▶ _Material provided_:
>>>
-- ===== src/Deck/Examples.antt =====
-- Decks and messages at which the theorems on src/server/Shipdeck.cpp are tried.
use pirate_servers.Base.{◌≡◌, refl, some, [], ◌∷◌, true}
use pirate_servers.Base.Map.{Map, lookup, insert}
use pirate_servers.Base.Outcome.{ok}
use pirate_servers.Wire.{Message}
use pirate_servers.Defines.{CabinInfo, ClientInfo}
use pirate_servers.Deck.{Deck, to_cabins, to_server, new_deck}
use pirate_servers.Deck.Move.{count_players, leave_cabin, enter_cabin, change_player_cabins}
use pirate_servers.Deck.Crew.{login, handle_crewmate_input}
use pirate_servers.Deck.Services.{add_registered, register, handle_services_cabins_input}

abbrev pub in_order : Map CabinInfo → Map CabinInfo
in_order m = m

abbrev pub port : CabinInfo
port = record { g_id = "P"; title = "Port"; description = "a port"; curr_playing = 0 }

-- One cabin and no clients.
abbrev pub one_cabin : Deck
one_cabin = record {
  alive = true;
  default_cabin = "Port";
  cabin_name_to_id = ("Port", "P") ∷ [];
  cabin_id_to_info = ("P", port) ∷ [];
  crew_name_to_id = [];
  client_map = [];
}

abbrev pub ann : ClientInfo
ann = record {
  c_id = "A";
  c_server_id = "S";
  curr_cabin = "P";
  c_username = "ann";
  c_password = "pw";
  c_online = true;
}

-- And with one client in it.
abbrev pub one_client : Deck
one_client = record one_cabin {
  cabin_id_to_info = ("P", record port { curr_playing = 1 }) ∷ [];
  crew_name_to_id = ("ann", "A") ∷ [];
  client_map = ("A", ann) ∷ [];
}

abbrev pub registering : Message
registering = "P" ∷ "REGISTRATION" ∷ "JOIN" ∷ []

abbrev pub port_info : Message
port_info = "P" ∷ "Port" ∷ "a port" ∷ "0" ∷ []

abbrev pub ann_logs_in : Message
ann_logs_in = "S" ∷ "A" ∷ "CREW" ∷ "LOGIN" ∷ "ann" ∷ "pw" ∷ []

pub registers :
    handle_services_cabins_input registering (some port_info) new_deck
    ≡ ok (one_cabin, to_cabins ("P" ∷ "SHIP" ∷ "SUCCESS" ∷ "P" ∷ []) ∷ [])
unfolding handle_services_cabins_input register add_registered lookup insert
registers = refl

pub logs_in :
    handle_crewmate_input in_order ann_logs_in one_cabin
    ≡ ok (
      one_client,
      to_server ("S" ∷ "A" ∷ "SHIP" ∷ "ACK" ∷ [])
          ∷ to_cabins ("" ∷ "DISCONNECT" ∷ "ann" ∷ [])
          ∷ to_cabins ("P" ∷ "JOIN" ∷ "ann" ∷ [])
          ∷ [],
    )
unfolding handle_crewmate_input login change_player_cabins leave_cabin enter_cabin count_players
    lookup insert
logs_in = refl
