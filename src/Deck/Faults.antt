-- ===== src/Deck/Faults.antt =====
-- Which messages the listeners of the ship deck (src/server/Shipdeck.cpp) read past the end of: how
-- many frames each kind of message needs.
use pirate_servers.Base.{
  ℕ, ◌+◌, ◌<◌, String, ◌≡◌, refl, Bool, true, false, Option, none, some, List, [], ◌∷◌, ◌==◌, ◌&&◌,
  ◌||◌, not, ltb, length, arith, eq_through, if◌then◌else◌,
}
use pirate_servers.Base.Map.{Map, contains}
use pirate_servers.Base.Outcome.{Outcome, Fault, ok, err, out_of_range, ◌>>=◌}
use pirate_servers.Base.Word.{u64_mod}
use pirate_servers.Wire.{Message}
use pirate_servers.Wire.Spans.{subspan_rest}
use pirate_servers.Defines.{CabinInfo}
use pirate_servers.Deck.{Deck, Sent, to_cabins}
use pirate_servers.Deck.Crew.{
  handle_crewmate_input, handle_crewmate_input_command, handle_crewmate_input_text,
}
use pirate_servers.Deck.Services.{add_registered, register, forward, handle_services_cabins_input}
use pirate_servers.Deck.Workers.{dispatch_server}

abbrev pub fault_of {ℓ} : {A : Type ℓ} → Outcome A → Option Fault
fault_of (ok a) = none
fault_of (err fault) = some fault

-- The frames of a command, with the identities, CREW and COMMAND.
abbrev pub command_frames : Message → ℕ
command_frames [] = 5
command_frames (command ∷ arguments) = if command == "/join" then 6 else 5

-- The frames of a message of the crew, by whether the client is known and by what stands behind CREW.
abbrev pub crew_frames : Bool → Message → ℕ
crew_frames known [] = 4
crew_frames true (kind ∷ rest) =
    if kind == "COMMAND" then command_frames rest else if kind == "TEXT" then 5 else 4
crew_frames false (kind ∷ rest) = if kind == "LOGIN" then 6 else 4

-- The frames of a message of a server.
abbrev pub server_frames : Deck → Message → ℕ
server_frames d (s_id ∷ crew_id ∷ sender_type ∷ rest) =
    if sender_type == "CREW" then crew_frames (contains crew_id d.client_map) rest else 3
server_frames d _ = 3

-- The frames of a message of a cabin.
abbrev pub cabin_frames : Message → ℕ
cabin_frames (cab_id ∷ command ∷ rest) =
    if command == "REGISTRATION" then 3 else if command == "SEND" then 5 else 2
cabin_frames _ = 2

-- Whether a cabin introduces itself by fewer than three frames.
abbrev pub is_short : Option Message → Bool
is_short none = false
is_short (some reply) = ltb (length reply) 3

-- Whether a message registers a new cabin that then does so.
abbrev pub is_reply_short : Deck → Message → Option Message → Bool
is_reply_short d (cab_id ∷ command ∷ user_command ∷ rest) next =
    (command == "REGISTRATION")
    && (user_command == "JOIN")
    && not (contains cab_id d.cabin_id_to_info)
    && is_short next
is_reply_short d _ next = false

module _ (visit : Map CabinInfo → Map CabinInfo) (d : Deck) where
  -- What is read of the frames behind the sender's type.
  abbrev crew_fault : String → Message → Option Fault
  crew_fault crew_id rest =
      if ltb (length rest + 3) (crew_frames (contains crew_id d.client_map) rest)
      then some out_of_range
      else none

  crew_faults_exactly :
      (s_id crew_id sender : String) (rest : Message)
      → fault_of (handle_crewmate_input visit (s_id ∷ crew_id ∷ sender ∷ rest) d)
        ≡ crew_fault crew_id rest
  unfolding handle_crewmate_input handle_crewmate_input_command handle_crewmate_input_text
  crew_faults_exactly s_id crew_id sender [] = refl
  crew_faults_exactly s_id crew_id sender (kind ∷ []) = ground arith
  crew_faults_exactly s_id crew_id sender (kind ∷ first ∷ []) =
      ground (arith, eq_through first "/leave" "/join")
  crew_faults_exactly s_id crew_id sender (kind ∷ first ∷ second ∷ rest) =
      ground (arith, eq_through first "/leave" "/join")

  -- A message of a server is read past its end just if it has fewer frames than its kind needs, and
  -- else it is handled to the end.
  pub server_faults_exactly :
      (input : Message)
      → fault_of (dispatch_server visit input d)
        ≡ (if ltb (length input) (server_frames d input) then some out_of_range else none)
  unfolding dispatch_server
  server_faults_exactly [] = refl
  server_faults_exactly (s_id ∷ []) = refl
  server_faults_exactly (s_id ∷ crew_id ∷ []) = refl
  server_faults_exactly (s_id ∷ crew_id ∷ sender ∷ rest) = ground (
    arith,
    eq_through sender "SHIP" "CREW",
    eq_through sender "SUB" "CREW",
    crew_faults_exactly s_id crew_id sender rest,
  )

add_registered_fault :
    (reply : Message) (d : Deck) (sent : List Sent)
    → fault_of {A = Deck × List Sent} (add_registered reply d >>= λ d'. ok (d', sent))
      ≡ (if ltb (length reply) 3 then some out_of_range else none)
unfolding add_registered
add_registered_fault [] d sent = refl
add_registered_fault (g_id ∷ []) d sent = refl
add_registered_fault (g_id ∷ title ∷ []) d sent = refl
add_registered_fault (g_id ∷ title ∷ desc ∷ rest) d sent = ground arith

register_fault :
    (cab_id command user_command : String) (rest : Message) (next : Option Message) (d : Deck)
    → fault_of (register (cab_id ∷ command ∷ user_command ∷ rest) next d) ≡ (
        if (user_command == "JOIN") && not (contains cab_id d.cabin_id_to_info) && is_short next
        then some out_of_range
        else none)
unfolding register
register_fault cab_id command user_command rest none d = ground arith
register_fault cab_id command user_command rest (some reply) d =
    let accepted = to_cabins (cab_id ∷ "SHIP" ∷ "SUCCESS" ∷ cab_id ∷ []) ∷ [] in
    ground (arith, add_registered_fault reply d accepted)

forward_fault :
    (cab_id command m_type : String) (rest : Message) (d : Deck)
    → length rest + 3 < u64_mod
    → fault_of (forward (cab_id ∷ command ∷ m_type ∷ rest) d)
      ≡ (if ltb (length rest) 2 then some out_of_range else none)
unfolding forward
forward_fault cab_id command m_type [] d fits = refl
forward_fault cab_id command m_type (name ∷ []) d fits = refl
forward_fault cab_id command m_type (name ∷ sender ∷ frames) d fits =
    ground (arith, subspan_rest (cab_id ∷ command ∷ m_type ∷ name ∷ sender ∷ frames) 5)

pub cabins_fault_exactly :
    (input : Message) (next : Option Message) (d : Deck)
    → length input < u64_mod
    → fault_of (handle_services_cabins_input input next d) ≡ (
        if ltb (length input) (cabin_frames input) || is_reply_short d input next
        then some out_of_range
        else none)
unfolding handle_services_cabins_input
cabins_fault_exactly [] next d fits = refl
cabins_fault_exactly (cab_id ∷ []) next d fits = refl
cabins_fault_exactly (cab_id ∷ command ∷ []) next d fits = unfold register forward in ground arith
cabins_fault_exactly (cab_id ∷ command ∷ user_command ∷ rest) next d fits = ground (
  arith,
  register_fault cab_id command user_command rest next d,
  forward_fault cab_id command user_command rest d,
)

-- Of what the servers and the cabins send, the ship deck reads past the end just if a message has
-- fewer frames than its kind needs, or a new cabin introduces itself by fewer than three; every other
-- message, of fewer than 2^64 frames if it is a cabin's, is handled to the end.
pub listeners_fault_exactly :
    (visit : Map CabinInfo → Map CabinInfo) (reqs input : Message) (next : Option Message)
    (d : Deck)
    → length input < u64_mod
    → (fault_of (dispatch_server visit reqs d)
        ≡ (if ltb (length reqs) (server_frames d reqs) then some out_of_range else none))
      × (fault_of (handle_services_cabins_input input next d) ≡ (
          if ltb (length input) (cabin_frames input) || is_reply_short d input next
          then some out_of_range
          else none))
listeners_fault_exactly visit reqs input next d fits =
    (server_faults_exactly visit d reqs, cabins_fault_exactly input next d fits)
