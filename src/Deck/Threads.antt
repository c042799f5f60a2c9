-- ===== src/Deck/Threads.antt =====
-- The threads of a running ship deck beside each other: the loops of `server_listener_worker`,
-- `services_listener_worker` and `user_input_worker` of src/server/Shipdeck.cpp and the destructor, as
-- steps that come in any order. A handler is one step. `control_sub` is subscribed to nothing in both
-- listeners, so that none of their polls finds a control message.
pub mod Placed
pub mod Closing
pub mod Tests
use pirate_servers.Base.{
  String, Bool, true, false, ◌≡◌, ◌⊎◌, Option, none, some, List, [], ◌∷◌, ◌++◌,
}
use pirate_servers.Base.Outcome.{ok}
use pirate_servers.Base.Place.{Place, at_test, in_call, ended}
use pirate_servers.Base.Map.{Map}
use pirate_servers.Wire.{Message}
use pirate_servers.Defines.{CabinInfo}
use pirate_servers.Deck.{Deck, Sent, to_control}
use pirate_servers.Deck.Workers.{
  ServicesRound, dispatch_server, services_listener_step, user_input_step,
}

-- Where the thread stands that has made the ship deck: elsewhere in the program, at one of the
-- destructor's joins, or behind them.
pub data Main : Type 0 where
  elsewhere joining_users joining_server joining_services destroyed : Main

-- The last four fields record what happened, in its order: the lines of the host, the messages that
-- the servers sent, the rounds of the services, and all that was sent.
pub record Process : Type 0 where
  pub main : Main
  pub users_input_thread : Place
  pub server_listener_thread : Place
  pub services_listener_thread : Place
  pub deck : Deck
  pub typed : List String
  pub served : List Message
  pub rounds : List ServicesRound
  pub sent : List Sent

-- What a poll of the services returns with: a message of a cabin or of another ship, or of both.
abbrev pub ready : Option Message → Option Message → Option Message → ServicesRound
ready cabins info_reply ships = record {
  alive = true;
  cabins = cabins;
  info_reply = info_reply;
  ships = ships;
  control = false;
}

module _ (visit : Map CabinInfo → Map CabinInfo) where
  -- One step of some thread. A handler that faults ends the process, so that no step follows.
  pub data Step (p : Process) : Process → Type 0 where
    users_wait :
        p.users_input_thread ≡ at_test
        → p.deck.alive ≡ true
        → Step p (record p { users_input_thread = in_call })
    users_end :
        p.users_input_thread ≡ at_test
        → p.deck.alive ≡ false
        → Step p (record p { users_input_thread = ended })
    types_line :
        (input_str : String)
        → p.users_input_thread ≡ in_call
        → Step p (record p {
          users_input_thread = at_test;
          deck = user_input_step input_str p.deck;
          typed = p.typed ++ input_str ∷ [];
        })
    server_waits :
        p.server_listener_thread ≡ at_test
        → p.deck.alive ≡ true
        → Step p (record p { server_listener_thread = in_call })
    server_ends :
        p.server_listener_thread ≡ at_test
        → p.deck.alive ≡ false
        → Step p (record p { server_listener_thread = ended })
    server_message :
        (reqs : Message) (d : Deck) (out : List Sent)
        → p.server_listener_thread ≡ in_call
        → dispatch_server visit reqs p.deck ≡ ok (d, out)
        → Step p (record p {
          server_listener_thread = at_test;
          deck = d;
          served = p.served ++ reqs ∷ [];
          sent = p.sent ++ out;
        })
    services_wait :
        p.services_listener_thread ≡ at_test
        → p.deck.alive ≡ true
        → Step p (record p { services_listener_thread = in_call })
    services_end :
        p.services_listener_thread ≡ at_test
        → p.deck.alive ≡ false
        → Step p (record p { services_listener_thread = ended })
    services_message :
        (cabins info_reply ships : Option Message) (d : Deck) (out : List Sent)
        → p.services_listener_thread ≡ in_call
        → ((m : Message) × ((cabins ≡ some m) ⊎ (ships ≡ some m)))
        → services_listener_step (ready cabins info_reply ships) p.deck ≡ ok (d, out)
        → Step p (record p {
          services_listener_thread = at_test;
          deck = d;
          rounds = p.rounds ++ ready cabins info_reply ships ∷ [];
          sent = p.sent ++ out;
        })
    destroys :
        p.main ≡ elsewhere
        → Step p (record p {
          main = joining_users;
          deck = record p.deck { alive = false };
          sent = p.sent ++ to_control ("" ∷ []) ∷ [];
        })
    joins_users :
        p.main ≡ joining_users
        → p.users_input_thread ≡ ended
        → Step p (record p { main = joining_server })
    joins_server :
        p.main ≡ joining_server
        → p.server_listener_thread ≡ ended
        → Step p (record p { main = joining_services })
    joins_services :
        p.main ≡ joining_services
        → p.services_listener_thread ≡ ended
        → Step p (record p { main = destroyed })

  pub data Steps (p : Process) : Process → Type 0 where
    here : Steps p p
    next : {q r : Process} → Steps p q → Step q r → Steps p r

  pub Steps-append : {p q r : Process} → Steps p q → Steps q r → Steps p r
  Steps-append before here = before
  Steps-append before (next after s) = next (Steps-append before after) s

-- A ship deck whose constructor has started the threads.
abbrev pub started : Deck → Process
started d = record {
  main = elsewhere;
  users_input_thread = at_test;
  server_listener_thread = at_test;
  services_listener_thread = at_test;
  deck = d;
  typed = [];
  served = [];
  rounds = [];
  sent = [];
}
<<<
▶ _Work request_:
Throughout the data above, report every line that contains the string "filename".

▶ _Task output_:
filename src/Deck/Faults.antt
filename src/Deck/Threads.antt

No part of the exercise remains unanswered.